Ils étaient tous dans la rue mardi, ils seront tous autour d'Edouard Philippe mercredi après-midi: les leaders syndicaux et patronaux ont rendez-vous, chacun leur tour, avec le Premier ministre, pour des entretiens qui se succèderont au pas de charge.

Le plus attendu de tous, Laurent Berger, le secrétaire général de la CFDT - premier syndicat français - arrivera en fin d'après-midi, pour redire face à M. Philippe son opposition à "l'âge d'équilibre" que le gouvernement veut fixer à 64 ans, avec un "bonus-malus" censé inciter chacun à travailler plus longtemps. "Pour la CFDT c'est clair : nous (n'en) voulons pas", a rappelé M. Berger.

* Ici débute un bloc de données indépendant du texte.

-- ===== src/Lora/Uplink.antt =====
-- What `send_uplink` of src/radio/lorawan.py gives to the radio, and what it has saved before.
use wqm.Prelude.{
  ℕ, suc, ◌+◌, ◌≤◌, ◌≡◌, refl, ap, ◌∙◌, ◌⊎◌, Bool, true, false, not, Option, none, some, List, [],
  ◌∷◌, ◌++◌, arith, inl, inr, Bool-cases, ltb, length, if◌then◌else◌,
}
use wqm.Lora.{Bytes, Session, Mac, no_session, forget_session, reset_mac_params}
use wqm.Lora.Commands.{handle_mac_commands}
use wqm.Lora.Sound.{IsSoundAt, commands-IsSoundAt}
use wqm.Lora.Replay.{if-same, queue_answer-same, commands-same, process_downlink-keeps}
use wqm.Lora.Link.{
  Hook, unset, set, Effect, hooked, aired, persist, Uplink, probe, count_uplink, is_dead,
  max_payload, consume_counter, after_tx, transmit, send_checked, send_uplink, build_frame,
  process_downlink, accept_frame,
}

probe-same : (m : Mac) → (probe m).session ≡ m.session
unfolding probe
probe-same m = if-same _ m _ m.session refl (queue_answer-same _ _ m.session refl)

abbrev pub up_to : Session → Session
up_to s = record s { fcnt_up = suc s.fcnt_up }

forgotten : (m : Mac) → (forget_session m).session ≡ no_session
unfolding forget_session reset_mac_params
forgotten m = refl

counted : (m : Mac) → (count_uplink m).session ≡ m.session
unfolding count_uplink
counted m = refl

pub if-Uplink : (P : Uplink → Type 0) (b : Bool) (x y : Uplink) → P x → P y → P (if b then x else y)
if-Uplink P true x y h k = h
if-Uplink P false x y h k = k

-- The frames that the radio was given.
unfoldable pub frames : List Effect → List Bytes
frames [] = []
frames (hooked s saves ∷ es) = frames es
frames (aired frame ∷ es) = frame ∷ frames es

-- The session goes to the hook, if there is one, before the frame goes to the radio.
unfoldable pub saved_first : Hook → Session → Bytes → List Effect
saved_first unset s frame = aired frame ∷ []
saved_first (set true) s frame = hooked s true ∷ aired frame ∷ []
saved_first (set false) s frame = hooked s false ∷ aired frame ∷ []

persist-saved_first :
    (hook : Hook) (s : Session) (frame : Bytes)
    → persist hook s ++ aired frame ∷ [] ≡ saved_first hook s frame
unfolding persist saved_first
persist-saved_first unset s frame = refl
persist-saved_first (set true) s frame = refl
persist-saved_first (set false) s frame = refl

no_frames : (hook : Hook) (s : Session) → frames (persist hook s) ≡ []
unfolding frames persist
no_frames unset s = refl
no_frames (set saves) s = refl

silence : frames [] ≡ []
unfolding frames
silence = refl

module _ (cmac aes : Bytes → Bytes → Bytes) where
  -- A downlink leaves the uplink counter as it is.
  up-same :
      (n : ℕ) (bytes : Bytes) (m : Mac)
      → m.session.fcnt_up ≡ n
      → (handle_mac_commands bytes m).session.fcnt_up ≡ n
  up-same n bytes m h = ap (λ s. s.fcnt_up) (commands-same bytes m) ∙ h

  process_downlink-up :
      (frame : Bytes) (m : Mac)
      → (process_downlink cmac aes frame m).1.session.fcnt_up ≡ m.session.fcnt_up
  unfolding accept_frame
  process_downlink-up frame m =
      process_downlink-keeps cmac aes (λ m'. m'.session.fcnt_up ≡ m.session.fcnt_up)
        (up-same m.session.fcnt_up) frame m (λ _. refl) (λ _. refl)

  after_tx-up :
      (sent : Bool) (received : Option Bytes) (m : Mac)
      → (after_tx cmac aes sent received m).1.session.fcnt_up ≡ m.session.fcnt_up
  unfolding after_tx
  after_tx-up false received m = refl
  after_tx-up true none m = refl
  after_tx-up true (some frame) m = process_downlink-up frame m

  -- No frame goes out, and nothing comes back; the session is kept, or it is forgotten.
  abbrev pub IsSilent : Mac → Uplink → Type 0
  IsSilent m u =
      (frames u.trace ≡ [])
      × (u.answer ≡ none)
      × ((u.mac.session ≡ m.session) ⊎ (u.mac.session ≡ no_session))

  -- One frame goes out, on the counter of `m`, after the hook had the session with the next counter.
  abbrev pub Airs : Hook → Bytes → ℕ → Bool → Mac → Uplink → Type 0
  Airs hook payload fport confirmed m u =
      (u.trace
        ≡ saved_first hook (up_to m.session)
            (build_frame cmac aes payload fport confirmed (probe (count_uplink m))))
      × (u.mac.session.fcnt_up ≡ suc m.session.fcnt_up)
      × (length payload + length (probe (count_uplink m)).pending_fopts
          ≤ max_payload (probe (count_uplink m)).sf)

  consume-up : (m : Mac) → (consume_counter m).session ≡ up_to m.session
  unfolding consume_counter
  consume-up m = refl

  checked-cases :
      (hook : Hook) (payload : Bytes) (fport : ℕ) (confirmed sent : Bool) (received : Option Bytes)
      (m : Mac)
      → (probe (count_uplink m)).session ≡ m.session
      → IsSilent m (
          send_checked cmac aes hook payload fport confirmed sent received (probe (count_uplink m)))
        ⊎ Airs hook payload fport confirmed m (
            send_checked cmac aes hook payload fport confirmed sent received
              (probe (count_uplink m)))
  unfolding send_checked transmit
  checked-cases hook payload fport confirmed sent received m e =
      elim (Bool-cases (
        ltb (max_payload (probe (count_uplink m)).sf)
          (length payload + length (probe (count_uplink m)).pending_fopts))) [
            | inl long ↦ simp long (inl (silence, refl, inl e))
            | inr fits ↦ simp fits (
                inr (
                  persist-saved_first hook _ _
                      ∙ ap
                          (λ s.
                            saved_first hook s (
                              build_frame cmac aes payload fport confirmed
                                (probe (count_uplink m))))
                          (consume-up (probe (count_uplink m)) ∙ ap up_to e),
                  after_tx-up sent received (consume_counter (probe (count_uplink m)))
                      ∙ ap (λ s. s.fcnt_up) (consume-up (probe (count_uplink m)) ∙ ap up_to e),
                  ground arith,
                ))
          ]

  -- Every uplink either is silent, with no frame on the air and the session kept or forgotten, or gives
  -- the radio one frame that fits the data rate, built on the present counter. Then the hook that saves
  -- the session, where there is one, is called at the session with the next counter before the radio
  -- has the frame; if it raises, the frame goes out all the same. Whatever the hook and the radio did
  -- and brought back, the counter is then one more.
  pub counter_saved :
      (hook : Hook) (payload : Bytes) (fport : ℕ) (confirmed sent : Bool) (received : Option Bytes)
      (m : Mac)
      → IsSilent m (send_uplink cmac aes hook payload fport confirmed sent received m)
        ⊎ Airs hook payload fport confirmed m
            (send_uplink cmac aes hook payload fport confirmed sent received m)
  unfolding send_uplink
  counter_saved hook payload fport confirmed sent received m =
      if-Uplink (λ u. IsSilent m u ⊎ Airs hook payload fport confirmed m u) (not m.session.joined) _
        _ (inl (silence, refl, inl refl))
        (if-Uplink (λ u. IsSilent m u ⊎ Airs hook payload fport confirmed m u)
          (is_dead (count_uplink m)) _ _
          (inl (no_frames hook _, refl, inr (forgotten (count_uplink m))))
          (checked-cases hook payload fport confirmed sent received m
            (probe-same (count_uplink m) ∙ counted m)))

  -- A downlink, accepted or not, keeps the parameters in their ranges.
  pub downlink-IsSoundAt :
      (top : ℕ)
      → 3 ≤ top
      → (frame : Bytes) (m : Mac) → IsSoundAt top m
      → IsSoundAt top (process_downlink cmac aes frame m).1
  unfolding accept_frame
  downlink-IsSoundAt top wide frame m h =
      process_downlink-keeps cmac aes (IsSoundAt top) (commands-IsSoundAt top wide) frame m (λ _. h)
        (λ _. h)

Les syndicats français auront également un nouveau "M. Retraites" en face d'eux: nommé mardi soir, Laurent Pietraszewski, député macroniste, remplace le haut-commissaire aux retraites démissionnaire Jean-Paul Delevoye, décrédibilisé par des soupçons de conflit d'intérêts.

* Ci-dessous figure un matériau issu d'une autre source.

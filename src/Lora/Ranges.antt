-- ===== src/Lora/Ranges.antt =====
-- The calls of src/radio/lorawan.py that change the radio parameters, one by one.
use wqm.Prelude.{
  ℕ, zero, suc, ◌/◌, ◌%◌, ◌≤◌, ◌≡◌, refl, ap, min, max, Bool, true, false, ◌&&◌, ◌||◌, List, [],
  ◌∷◌, arith, ◌==◌, if◌then◌else◌, length, take, inl, inr, Bool-cases, holds_under, holds_under_lem,
}
use wqm.Lora.{Bytes, Mac, init, reset_mac_params, forget_session, queue_answer}
use wqm.Lora.Region.{sub_band_channel_mask, mask_from, length-mask_from, in_sub_band}
use wqm.Lora.Commands.{byte, any_of}
use wqm.Lora.Sound.{MaskIsSound, IsSoundAt, queue_answer-IsSound, if-IsSound}
use wqm.Lora.Link.{consume_counter, probe, count_uplink}
use wqm.Lora.Join.{apply_settings, apply_cf_list, cf_mask}
use wqm.Lora.Params.{Params, apply_mac_params, bits_mask}

sub_band_table :
    holds_under 9 (λ k. k == 0 || any_of (take 64 (mask_from (in_sub_band k) 0 72))) ≡ true
unfolding holds_under any_of mask_from
sub_band_table = refl

clamped : (b : ℕ) (f : Bool) → ((max 1 (min 8 b) == 0) || f) ≡ true → f ≡ true
clamped b f h = ground arith

-- Every sub-band's mask, for any number.
sub_band-MaskIsSound : (b : ℕ) → MaskIsSound (sub_band_channel_mask b)
unfolding sub_band_channel_mask
sub_band-MaskIsSound b = (
  length-mask_from (in_sub_band (max 1 (min 8 b))) 0 72,
  clamped b _ (
      holds_under_lem 9 (λ k. k == 0 || any_of (take 64 (mask_from (in_sub_band k) 0 72)))
        (max 1 (min 8 b)) sub_band_table (omega arith)),
)

pub init-IsSoundAt : (sub_band sf : ℕ) → IsSoundAt 7 (init sub_band sf)
init-IsSoundAt sub_band sf = (
  sub_band-MaskIsSound sub_band,
  (ground arith, ground arith),
  omega arith,
  (omega arith, omega arith),
  (omega arith, omega arith),
  (omega arith, omega arith),
  omega arith,
)

pub forget-IsSoundAt : (m : Mac) → IsSoundAt 7 m → IsSoundAt 7 (forget_session m)
unfolding forget_session reset_mac_params
forget-IsSoundAt m h = (
  sub_band-MaskIsSound m.sub_band,
  h.1,
  omega arith,
  (omega arith, omega arith),
  (omega arith, omega arith),
  (omega arith, omega arith),
  omega arith,
)

pub settings-IsSoundAt :
    (body : Bytes) (m : Mac) → IsSoundAt 7 m → IsSoundAt 7 (apply_settings body m)
unfolding apply_settings reset_mac_params
settings-IsSoundAt body m h = (
  sub_band-MaskIsSound m.sub_band,
  h.1,
  omega arith,
  (ground arith, ground arith),
  (omega arith, omega arith),
  (ground arith, ground arith),
  omega arith,
)

pub wide : 3 ≤ 7
wide = omega arith

last_of_three : (a b c : Bool) → (a && b && c) ≡ true → c ≡ true
last_of_three a b c h = ground arith

pub cf_list-IsSoundAt :
    (cf_list : Bytes) (m : Mac) → IsSoundAt 7 m → IsSoundAt 7 (apply_cf_list cf_list m)
unfolding apply_cf_list cf_mask
cf_list-IsSoundAt cf_list m h =
    if-IsSound 7 wide _ m (record m { channel_mask = cf_mask cf_list })
      (λ ok. (
        (
          length-mask_from _ 0 72,
          last_of_three (length cf_list == 16) (byte cf_list 15 == 1)
              (any_of (take 64 (cf_mask cf_list))) ok,
        ),
        h.1,
        h.2,
        h.3,
        h.4,
        h.5,
        h.6,
      ))
      h

length-bits_mask : (bits n : ℕ) → length (bits_mask bits n) ≡ n
unfolding bits_mask
length-bits_mask bits zero = refl
length-bits_mask bits (suc n) = ap suc (length-bits_mask (bits / 2) n)

restored_mask :
    (bits : ℕ) (old : List Bool)
    → MaskIsSound old
    → MaskIsSound (if any_of (take 64 (bits_mask bits 72)) then bits_mask bits 72 else old)
restored_mask bits old h = elim (Bool-cases (any_of (take 64 (bits_mask bits 72)))) [
  | inl e ↦ rw e (length-bits_mask bits 72, e)
  | inr e ↦ rw e h
]

-- After a reboot the parameters come from what was saved.
pub restored-IsSoundAt :
    (p : Params) (m : Mac)
    → 923300000 ≤ p.rx2_frequency
    → p.rx2_frequency ≤ 927500000
    → IsSoundAt 7 m
    → IsSoundAt 7 (apply_mac_params p m)
unfolding apply_mac_params
restored-IsSoundAt p m low high h = (
  restored_mask p.channel_mask m.channel_mask h.0,
  (ground arith, ground arith),
  omega arith,
  (omega arith, omega arith),
  (ground arith, ground arith),
  (ground arith, ground arith),
  h.6,
)

pub count-IsSoundAt : (m : Mac) → IsSoundAt 7 m → IsSoundAt 7 (count_uplink m)
unfolding count_uplink
count-IsSoundAt m h = h

pub probe-IsSoundAt : (m : Mac) → IsSoundAt 7 m → IsSoundAt 7 (probe m)
unfolding probe
probe-IsSoundAt m h =
    if-IsSound 7 wide (m.uplinks_since_downlink % 24 == 0) m
      (queue_answer (2 ∷ []) (record m { unanswered_link_checks = suc m.unanswered_link_checks }))
      (λ _.
        queue_answer-IsSound 7 wide (2 ∷ [])
          (record m { unanswered_link_checks = suc m.unanswered_link_checks }) h)
      h

pub consume-IsSoundAt : (m : Mac) → IsSoundAt 7 m → IsSoundAt 7 (consume_counter m)
unfolding consume_counter
consume-IsSoundAt m h = (h.0, h.1, h.2, h.3, h.4, h.5, omega arith)

pub if-pair :
    (P : Mac → Type 0) (b : Bool) (x y : Bool × Mac) → P x.1 → P y.1 → P (if b then x else y).1
if-pair P true x y h k = h
if-pair P false x y h k = k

A Paris mardi, le cortège a rassemblé 76.000 personnes selon les autorités, qui ont compté 615.000 manifestants dans tout le pays pour cette troisième mobilisation nationale, en net rebond par rapport à la manifestation du 10 décembre (339.000), mais en deçà de la première journée de conflit du 5 décembre (806.000).

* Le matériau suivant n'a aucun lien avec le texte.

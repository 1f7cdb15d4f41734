-- ===== src/Lora/Life.antt =====
-- The MAC of src/radio/lorawan.py over its whole life: joins, uplinks, downlinks, rejoins, reboots.
use wqm.Prelude.{
  ℕ, ◌+◌, Bool, true, false, not, Option, none, some, List, [], ◌∷◌, ltb, length, contains,
}
use wqm.Lora.{Bytes, Mac, init, forget_session}
use wqm.Lora.Sound.{IsSoundAt}
use wqm.Lora.Link.{
  body_of, Hook, Uplink, is_dead, max_payload, process_downlink, send_uplink, send_checked,
  transmit, after_tx, consume_counter, probe, count_uplink,
}
use wqm.Lora.Join.{
  Device, next_dev_nonce, process_join_accept, apply_accept, after_request, join, is_accept,
  app_nonce_of, accept_text,
}
use wqm.Lora.Params.{mac_params, apply_mac_params}
use wqm.Lora.Uplink.{downlink-IsSoundAt, if-Uplink}
use wqm.Lora.Ranges.{
  init-IsSoundAt, forget-IsSoundAt, settings-IsSoundAt, wide, cf_list-IsSoundAt, restored-IsSoundAt,
  count-IsSoundAt, probe-IsSoundAt, consume-IsSoundAt, if-pair,
}

-- What happens to the MAC.
pub data Event : Type 0 where
  joins : Device → ℕ → Bool → Option Bytes → Event
  sends : Hook → Bytes → ℕ → Bool → Bool → Option Bytes → Event
  receives : Bytes → Event
  forgets : Event
  reboots : ℕ → ℕ → Event

module _ (cmac aes : Bytes → Bytes → Bytes) where
  unfoldable pub happen : Event → Mac → Mac
  happen (joins device entropy sent accept) m = (join cmac aes device entropy sent accept m).mac
  happen (sends hook payload fport confirmed sent received) m =
      (send_uplink cmac aes hook payload fport confirmed sent received m).mac
  happen (receives frame) m = (process_downlink cmac aes frame m).1
  happen forgets m = forget_session m
  happen (reboots sub_band sf) m =
      apply_mac_params (mac_params m) (record (init sub_band sf) { session = m.session })

  unfoldable pub live : List Event → Mac → Mac
  live [] m = m
  live (e ∷ es) m = live es (happen e m)

  accept-IsSoundAt :
      (device : Device) (frame : Bytes) (m : Mac)
      → IsSoundAt 7 m
      → IsSoundAt 7 (process_join_accept cmac aes device frame m).1
  unfolding process_join_accept apply_accept
  accept-IsSoundAt device frame m h =
      let Sound : Mac → Type 0 = λ m'. IsSoundAt 7 m' in
      if-pair Sound (not (is_accept cmac aes device frame)) _ _ h (
        if-pair Sound
          (contains (app_nonce_of (body_of (accept_text cmac aes device frame)))
            m.recent_app_nonces)
          _ _ h (cf_list-IsSoundAt _ _ (settings-IsSoundAt _ _ h)))

  request-IsSoundAt :
      (device : Device) (sent : Bool) (accept : Option Bytes) (m : Mac)
      → IsSoundAt 7 m
      → IsSoundAt 7 (after_request cmac aes device sent accept m).1
  request-IsSoundAt device false accept m h = h
  request-IsSoundAt device true none m h = h
  request-IsSoundAt device true (some frame) m h = accept-IsSoundAt device frame m h

  join-IsSoundAt :
      (device : Device) (entropy : ℕ) (sent : Bool) (accept : Option Bytes) (m : Mac)
      → IsSoundAt 7 m
      → IsSoundAt 7 (join cmac aes device entropy sent accept m).mac
  unfolding join next_dev_nonce
  join-IsSoundAt device entropy sent accept m h = request-IsSoundAt device sent accept _ h

  tx-IsSoundAt :
      (sent : Bool) (received : Option Bytes) (m : Mac)
      → IsSoundAt 7 m
      → IsSoundAt 7 (after_tx cmac aes sent received m).1
  unfolding after_tx
  tx-IsSoundAt false received m h = h
  tx-IsSoundAt true none m h = h
  tx-IsSoundAt true (some frame) m h = downlink-IsSoundAt cmac aes 7 wide frame m h

  send-IsSoundAt :
      (hook : Hook) (payload : Bytes) (fport : ℕ) (confirmed sent : Bool) (received : Option Bytes)
      (m : Mac)
      → IsSoundAt 7 m
      → IsSoundAt 7 (send_uplink cmac aes hook payload fport confirmed sent received m).mac
  unfolding send_uplink send_checked transmit
  send-IsSoundAt hook payload fport confirmed sent received m h =
      let Sound : Uplink → Type 0 = λ u. IsSoundAt 7 u.mac in
      let m1 = probe (count_uplink m) in
      let h1 = probe-IsSoundAt (count_uplink m) (count-IsSoundAt m h) in
      if-Uplink Sound (not m.session.joined) _ _ h (
        if-Uplink Sound (is_dead (count_uplink m)) _ _
          (forget-IsSoundAt (count_uplink m) (count-IsSoundAt m h))
          (if-Uplink Sound (ltb (max_payload m1.sf) (length payload + length m1.pending_fopts)) _ _
            h1 (tx-IsSoundAt sent received (consume_counter m1) (consume-IsSoundAt m1 h1))))

  happen-IsSoundAt : (e : Event) (m : Mac) → IsSoundAt 7 m → IsSoundAt 7 (happen e m)
  unfolding happen mac_params
  happen-IsSoundAt (joins device entropy sent accept) m h =
      join-IsSoundAt device entropy sent accept m h
  happen-IsSoundAt (sends hook payload fport confirmed sent received) m h =
      send-IsSoundAt hook payload fport confirmed sent received m h
  happen-IsSoundAt (receives frame) m h = downlink-IsSoundAt cmac aes 7 wide frame m h
  happen-IsSoundAt forgets m h = forget-IsSoundAt m h
  happen-IsSoundAt (reboots sub_band sf) m h =
      restored-IsSoundAt _ _ h.4.0 h.4.1 (init-IsSoundAt sub_band sf)

  live_from-IsSoundAt : (es : List Event) (m : Mac) → IsSoundAt 7 m → IsSoundAt 7 (live es m)
  unfolding live
  live_from-IsSoundAt [] m h = h
  live_from-IsSoundAt (e ∷ es) m h = live_from-IsSoundAt es (happen e m) (happen-IsSoundAt e m h)

  -- From the start, after any joins, uplinks, downlinks, rejoins and reboots, whatever the network
  -- sends: the mask has 72 channels, one of the first 64 enabled, the spreading factor is one of SF7
  -- to SF10, the receive offset has three bits, the RX2 data rate and frequency and the delay are those
  -- of the band, and the answers fit in FOpts.
  pub live-IsSoundAt :
      (sub_band sf : ℕ) (es : List Event) → IsSoundAt 7 (live es (init sub_band sf))
  live-IsSoundAt sub_band sf es =
      live_from-IsSoundAt es (init sub_band sf) (init-IsSoundAt sub_band sf)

Le syndicat CGT, en tête de la contestation contre la réforme, a revendiqué 1,8 million de participants, soit davantage que le 5 décembre (1,5 million) et deux fois plus que le 10 (885.000). La poursuite du mouvement a été décidée mardi soir en intersyndicale, par des "actions locales" à partir du 19 et sans trêve de Noël, mais sans non plus de nouvelle journée d'action nationale à ce stade.

Compromis

Si le Premier ministre a répété mardi sa "détermination totale" à mener à bien la réforme promise par le président Emmanuel Macron et à créer le "système universel" de retraite par points censé remplacer les 42 régimes existants, plusieurs membres du gouvernement ont donné des signes d'ouverture. "Evidemment nous sommes ouverts à bâtir un compromis", a dit la porte-parole du gouvernement Sibeth Ndiaye.

M. Philippe a déjà prévu de revoir les partenaires sociaux "ensemble lors d'une multilatérale" jeudi à 16H00.

Un raout propice à d'ultimes compromis avant l'envoi au Conseil d'Etat d'une première mouture du projet de loi dont la présentation en Conseil des ministres est programmée le 22 janvier.

Le temps presse donc, d'autant plus que la grève se poursuit dans les transports en commun, entraînant de fortes perturbations du trafic des trains et du métro parisien.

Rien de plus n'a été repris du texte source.